Monday, September 22, 2014

The Road Ahead

For those of you who read my previous post I must admit to you that I didn't share everything I knew about my condition when I wrote it.  There was a very important piece of information that I decided not to share with the world until I could share it with my children after I was released from the hospital.

"Terminal".  It's such a devastating word.  One I hope you never hear.

I awoke momentarily in the ICU (intensive care unit) out of the narcotic induced haze and overheard a doctor in my room use the word "cancer".  I was too loopy to see anything and in too much pain to respond in any way... but I heard it distinctly before I fell back into my narcotic induced sleep.  It would be two days before anyone used that word in my presence again.  It was a nurse who asked me the simple question "Have any of the doctors actually shared your diagnosis with you yet?"  I responded that I had overheard the word cancer and she confirmed it for me.  I asked "Terminal?" and she nodded.

While this is the 3rd time in my life I have been diagnosed with an incurable disease (Crohns & PSC previously), nothing could prepare me for the phrase "terminal Stage 4 metastatic colon cancer".  We are certain that it has metastasized to the lymph nodes and we believe it has also metastasized to the liver as well. We cannot be 100% sure of this today because the surgeons were not able to get a liver sample before closing up my abdomen during my initial surgery (apparently they were worried I wouldn't make it beyond the 6 hours I was already in surgery).  Our hope is that we can stop/slow it from metastasizing to the lungs (the 2nd favorite destination of colon cancer beyond the liver).  We have found no evidence of lung involvement to date but, of course, cancer cells are too small to be seen so all we can do is hope.

An additional downside to the cancer diagnosis is that it makes me ineligible for a liver transplant if my PSC were to worsen.  Many thanks to those who stepped up and volunteered to be a living donor for me, I cannot tell you how your generous offers touched me and my family (I am crying at the thought as I type this line).  But it is not to be.

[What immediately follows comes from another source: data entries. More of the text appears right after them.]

-- ===== src/Engine/Control/Refined.antt =====
-- The control plane of crates/bsrs/src/engine/run_engine.rs refines its specification.
use bsrs.Prelude.{
  ℕ, suc, ◌+◌, ◌-◌, ◌≤◌, ◌<◌, ◌≡◌, refl, sym, ap, ◌∙◌, inl, inr, Bool, true, false, not, ◌&&◌, ◌||◌,
  some, List, [], ◌∷◌, arith, ◌==◌, leb, if◌then◌else◌, length, get_elem?, remove_idx, Option-cases,
}
use bsrs.Prelude.Rows.{All-weaken, get_elem?-map}
use bsrs.Engine.Control.{
  RunControl, new, reset_for_run, mark_paused, pause, wake, resume, request_suspend, release,
  u64_mod,
}
use bsrs.Engine.Control.Spec.{
  Step, begins, pauses, resumes, interrupts, renews, suspends, lifts, System, Spec, spec_lift,
  spec_step, spec_start, lift_task, step, start, steps, spec_steps, of_run, view,
}
use bsrs.Engine.Control.Counting.{
  count, count-current_gone, any-count, of_run-older, of_run-append, map-remove_idx,
  get_elem?-absent, no_wrap, Counted-suc, Counted-begin, Counted-suspend, Counted-lift, Counted,
}

Spec-ext :
    {s t : Spec}
    → s.is_paused ≡ t.is_paused
    → s.manual_pause ≡ t.manual_pause
    → s.tasks ≡ t.tasks
    → s ≡ t
Spec-ext e f g = λ i. record { is_paused = e i; manual_pause = f i; tasks = g i }

-- Waking at the last hold but one is waking when no task of the run is left.
last_hold :
    (holds left : ℕ) (p m : Bool)
    → suc left ≡ holds
    → (if leb holds 1 && not m then false else p) ≡ p && (m || not (left == 0))
last_hold holds left p m e = ground arith

module _ {F : Type 0} where
  abbrev CountedSystem : ℕ → System F → Type 0
  CountedSystem n s = Counted n s.ctl.holds s.ctl.run_gen s.tasks

  release-holds :
      (c : RunControl F) (g : ℕ)
      → (release c g).holds ≡ (if g == c.run_gen then c.holds - 1 else c.holds)
  unfolding release wake
  release-holds c g = ground arith

  release-run_gen : (c : RunControl F) (g : ℕ) → (release c g).run_gen ≡ c.run_gen
  unfolding release wake
  release-run_gen c g = ground arith

  release-manual_pause : (c : RunControl F) (g : ℕ) → (release c g).manual_pause ≡ c.manual_pause
  unfolding release wake
  release-manual_pause c g = ground arith

  release-is_paused :
      (c : RunControl F) (g : ℕ)
      → (release c g).is_paused
        ≡ (if (g == c.run_gen) && (leb c.holds 1 && not c.manual_pause) then false else c.is_paused)
  unfolding release wake
  release-is_paused c g = ground arith

  lift_task-Counted :
      (n i : ℕ) (s : System F)
      → CountedSystem n s
      → CountedSystem (suc n) (lift_task s i (get_elem? s.tasks i))
  lift_task-Counted n i s c = elim (Option-cases (get_elem? s.tasks i)) [
    | inl e ↦ rw e (Counted-suc c)
    | inr (g, e) ↦ rw e (
        rw (release-holds s.ctl g, release-run_gen s.ctl g)
          (Counted-lift n s.ctl.holds s.ctl.run_gen i g s.tasks e c))
  ]

  step-Counted :
      (n : ℕ) (x : Step F) (s : System F)
      → suc n < u64_mod
      → CountedSystem n s
      → CountedSystem (suc n) (step x s)
  unfolding step reset_for_run pause resume wake mark_paused request_suspend
  step-Counted n begins s b c =
      rw (no_wrap s.ctl.run_gen n c.few_runs b)
        (Counted-begin n s.ctl.holds s.ctl.run_gen s.tasks c)
  step-Counted n pauses s b c = Counted-suc c
  step-Counted n resumes s b c = Counted-suc c
  step-Counted n interrupts s b c = Counted-suc c
  step-Counted n renews s b c = Counted-suc c
  step-Counted n (suspends x) s b c =
      rw (no_wrap s.ctl.holds n c.few_holds b)
        (Counted-suspend n s.ctl.holds s.ctl.run_gen s.tasks c)
  step-Counted n (lifts i) s b c = lift_task-Counted n i s c

  view-lifted :
      (n i g : ℕ) (s : System F)
      → CountedSystem n s
      → get_elem? s.tasks i ≡ some g
      → (b : Bool) → (g == s.ctl.run_gen) ≡ b
      → view (record { ctl = release s.ctl g; tasks = remove_idx s.tasks i })
        ≡ spec_lift (view s) i (some b)
  unfolding view
  view-lifted n i g s c e true h =
      Spec-ext
        (release-is_paused s.ctl g
          ∙ rw h (
              last_hold s.ctl.holds (count (remove_idx (of_run s.ctl.run_gen s.tasks) i))
                s.ctl.is_paused s.ctl.manual_pause
                (count-current_gone (of_run s.ctl.run_gen s.tasks) i
                    (get_elem?-map (λ k. k == s.ctl.run_gen) i g s.tasks e ∙ ap some h)
                  ∙ sym c.holds_count))
          ∙ ap (λ a. s.ctl.is_paused && (s.ctl.manual_pause || a))
              (sym (any-count (remove_idx (of_run s.ctl.run_gen s.tasks) i))))
        (release-manual_pause s.ctl g)
        (ap (λ k. of_run k (remove_idx s.tasks i)) (release-run_gen s.ctl g)
          ∙ map-remove_idx (λ k. k == s.ctl.run_gen) s.tasks i)
  view-lifted n i g s c e false h =
      Spec-ext (release-is_paused s.ctl g ∙ rw h refl) (release-manual_pause s.ctl g) (
        ap (λ k. of_run k (remove_idx s.tasks i)) (release-run_gen s.ctl g)
        ∙ map-remove_idx (λ k. k == s.ctl.run_gen) s.tasks i)

  view-lift_task :
      (n i : ℕ) (s : System F)
      → CountedSystem n s
      → view (lift_task s i (get_elem? s.tasks i))
        ≡ spec_lift (view s) i (get_elem? (of_run s.ctl.run_gen s.tasks) i)
  unfolding view
  view-lift_task n i s c = elim (Option-cases (get_elem? s.tasks i)) [
    | inl e ↦ rw e (rw (get_elem?-absent (λ g. g == s.ctl.run_gen) s.tasks i e) refl)
    | inr (g, e) ↦ rw e (
        view-lifted n i g s c e (g == s.ctl.run_gen) refl
        ∙ ap (spec_lift (view s) i) (sym (get_elem?-map (λ k. k == s.ctl.run_gen) i g s.tasks e)))
  ]

  -- One step of the code is one step of the specification.
  view-step :
      (n : ℕ) (x : Step F) (s : System F)
      → suc n < u64_mod
      → CountedSystem n s
      → view (step x s) ≡ spec_step x (view s)
  unfolding view step spec_step reset_for_run pause resume wake mark_paused request_suspend
  view-step n begins s b c = rw (no_wrap s.ctl.run_gen n c.few_runs b) (
      Spec-ext refl refl (
        of_run-older s.ctl.run_gen (suc s.ctl.run_gen) s.tasks
          (All-weaken (λ g. g ≤ s.ctl.run_gen) _ (λ g l. omega arith) s.tasks c.older)))
  view-step n pauses s b c = refl
  view-step n resumes s b c = refl
  view-step n interrupts s b c = refl
  view-step n renews s b c = refl
  view-step n (suspends x) s b c = rw (of_run-append s.ctl.run_gen s.tasks) refl
  view-step n (lifts i) s b c = view-lift_task n i s c

  view-steps_from :
      (xs : List (Step F)) (n : ℕ) (s : System F)
      → n + length xs < u64_mod
      → CountedSystem n s
      → view (steps xs s) ≡ spec_steps xs (view s)
  unfolding steps spec_steps
  view-steps_from [] n s b c = refl
  view-steps_from (x ∷ xs) n s b c =
      view-steps_from xs (suc n) (step x s) (omega (arith, b))
        (step-Counted n x s (omega (arith, b)) c)
      ∙ ap (spec_steps xs) (view-step n x s (omega (arith, b)) c)

  -- The control plane refines its specification: after any sequence of fewer than 2^64 requests,
  -- new runs, interrupts and lifted suspensions, it is paused, by the user or not, exactly as the
  -- specification says, though it knows the suspensions only as a count and their runs only as
  -- generation numbers.
  pub view-steps :
      (xs : List (Step F)) → length xs < u64_mod → view (steps xs start) ≡ spec_steps xs spec_start
  unfolding view new
  view-steps xs b =
      view-steps_from xs 0 start (omega (arith, b))
        (record { holds_count = refl; older = tt; few_runs = omega arith; few_holds = omega arith })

One of the few nice things about being ill the the outpouring of love and support that you receive (or at least that I've received) from my friends and family.  Emails, cards, text messages, phone calls, unexpected visits, comments on Facebook/blogs/twitter.  I read / listen-to every single one of them and while I cannot always reply, every one of them lifts my spirits and makes me realize how my life has touched others.  I got one of the most heartwarming voicemails from someone I haven't worked with in several years just yesterday.  I cried when I listened to it.  It's been wonderful to have my parents so close (about 30 mins away) and I've gotten to see a lot of them both in the hospital and since.  I talk to my brother in Michigan every week which certainly brightens my day.  But most of the heavy lifting has rested on the shoulders of my amazing wife, Kristen.  She is my wife, my home healthcare provider, and my savior at the moment.  She is the strongest person I have ever met.  I may not be lucky health-wise, but when it comes to choosing a spouse, I am truly the luckiest man alive.

With two young children at home (ages 6 & 9) Kristen and I had to decide what to share, with whom, and when.  We definitely didn't want them to find out about my diagnosis and prognosis by overhearing a conversation or piecing things together.  So we decided to be honest with them and sat them down last weekend and just told them everything as clearly yet concisely as possible.  They were upset of course, but I've been amazed at how adaptable children are.  We can now talk about it as a family without any hushed tones or raised eyebrows.  It's difficult to know for sure, but I think it was the right choice for us.

As for work, I am fortunate to work for an employer (Pivotal) that provides life insurance, short-term and long-term disability insurance, and is generous on top of all that.  I am not sure if I will return to work or not (or even whether I will be strong enough to have that option).  I certainly gain a lot of my self worth and gain a lot of satisfaction from my work, so it could actually be theraputic for me.  I'm currently on short-term disability insurance and will migrate to long-term disability when that runs out.  I guess I will just have to wait and see whether returning to work is a real option for me.

My prognosis is really difficult to determine.  All you really have is the statistics, but all patients are individuals and have specific advantages and disadvantages that bias those statistics.  For example, the 5 year survival rate for stage 4 colon cancer is about 6%.  But, was the average patient age in that study 30 or 60?  The average survival of a stage 4 colon cancer patient from diagnosis is just over 2 years.  Am I on the high side or the low side of the bell curve?  Who knows?  Obviously, my PSC is a complicating factor that could have a negative effect on my survival rate.  Then again, chemo may actually help my PSC in addition to slowing/stopping my tumor growth (according to my GI oncologist).  So instead of focusing in on a date, I've decided to focus on living the rest of my life focused on the things that bring me joy in life.  Starting with a 6 year old and a 9 year old who need their daddy.